Stored data
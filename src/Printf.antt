-- ===== src/Printf.antt =====
-- util/printf.c: the conversion of numbers to text. Arrays are lists of bytes.
pub mod Decimal
mod Tests
use raw_os.Common.{
  ℕ, zero, suc, ◌+◌, ◌-◌, ◌/◌, ◌%◌, ◌^◌, List, [], ◌∷◌, Outcome, ok, fault, ◌>>=◌, ltb, ◌==◌,
  if◌then◌else◌, set, length, drop, take, ◌++◌, replicate, ℤ, pos, negsuc,
}
use raw_os.CString.{memcpy}

-- The loop of both decimal conversions: `auxbuffer` points to `b[n - 1]`. The result is the array
-- and the final `n`; a write before the array's start is undefined.
unfoldable pub digits_loop : ℕ → ℕ → List ℕ → Outcome (List ℕ × ℕ)
digits_loop zero val b = if val == 0 then ok (b, 0) else fault
digits_loop (suc n) val b =
    if val == 0 then ok (b, suc n) else digits_loop n (val / 10) (set b n (48 + val % 10))

-- `buffer[0] = c`
unfoldable pub put_first : List ℕ → ℕ → Outcome (List ℕ)
put_first [] c = fault
put_first (x ∷ buffer) c = ok (c ∷ buffer)

-- The number of characters, and the buffer after the call.
unfoldable pub u32_to_str : ℕ → List ℕ → Outcome (ℕ × List ℕ)
u32_to_str val buffer =
    if val == 0
    then (put_first buffer 48 >>= λ buffer. ok (1, buffer))
    else (digits_loop 16 val (replicate 16 0) >>= λ r.
        memcpy buffer (drop r.1 r.0) (16 - r.1) >>= λ buffer. ok (16 - r.1, buffer))

-- `memcpy(&buffer[1], ...)`
unfoldable pub memcpy_after_first : List ℕ → List ℕ → ℕ → Outcome (List ℕ)
memcpy_after_first [] src size = fault
memcpy_after_first (x ∷ buffer) src size = memcpy buffer src size >>= λ copied. ok (x ∷ copied)

-- For a negative number `sum` is 1, so that `start` points behind the array and `size` is one more
-- than the number of digits. The negation of the least number is undefined.
unfoldable pub s32_to_str : ℤ → List ℕ → Outcome (ℕ × List ℕ)
s32_to_str (pos val) buffer = u32_to_str val buffer
s32_to_str (negsuc k) buffer =
    if ltb (k + 1) (2 ^ 31)
    then (put_first buffer 45 >>= λ buffer. digits_loop 16 (k + 1) (replicate 16 0) >>= λ r.
        memcpy_after_first buffer (drop r.1 r.0) (17 - r.1) >>= λ buffer. ok (17 - r.1, buffer))
    else fault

What the task requires
Which lines above contain the word "else"? Copy each of them.

Finished task
  if◌then◌else◌, set, length, drop, take, ◌++◌, replicate, ℤ, pos, negsuc,
digits_loop zero val b = if val == 0 then ok (b, 0) else fault
    if val == 0 then ok (b, suc n) else digits_loop n (val / 10) (set b n (48 + val % 10))
    else (digits_loop 16 val (replicate 16 0) >>= λ r.
    else fault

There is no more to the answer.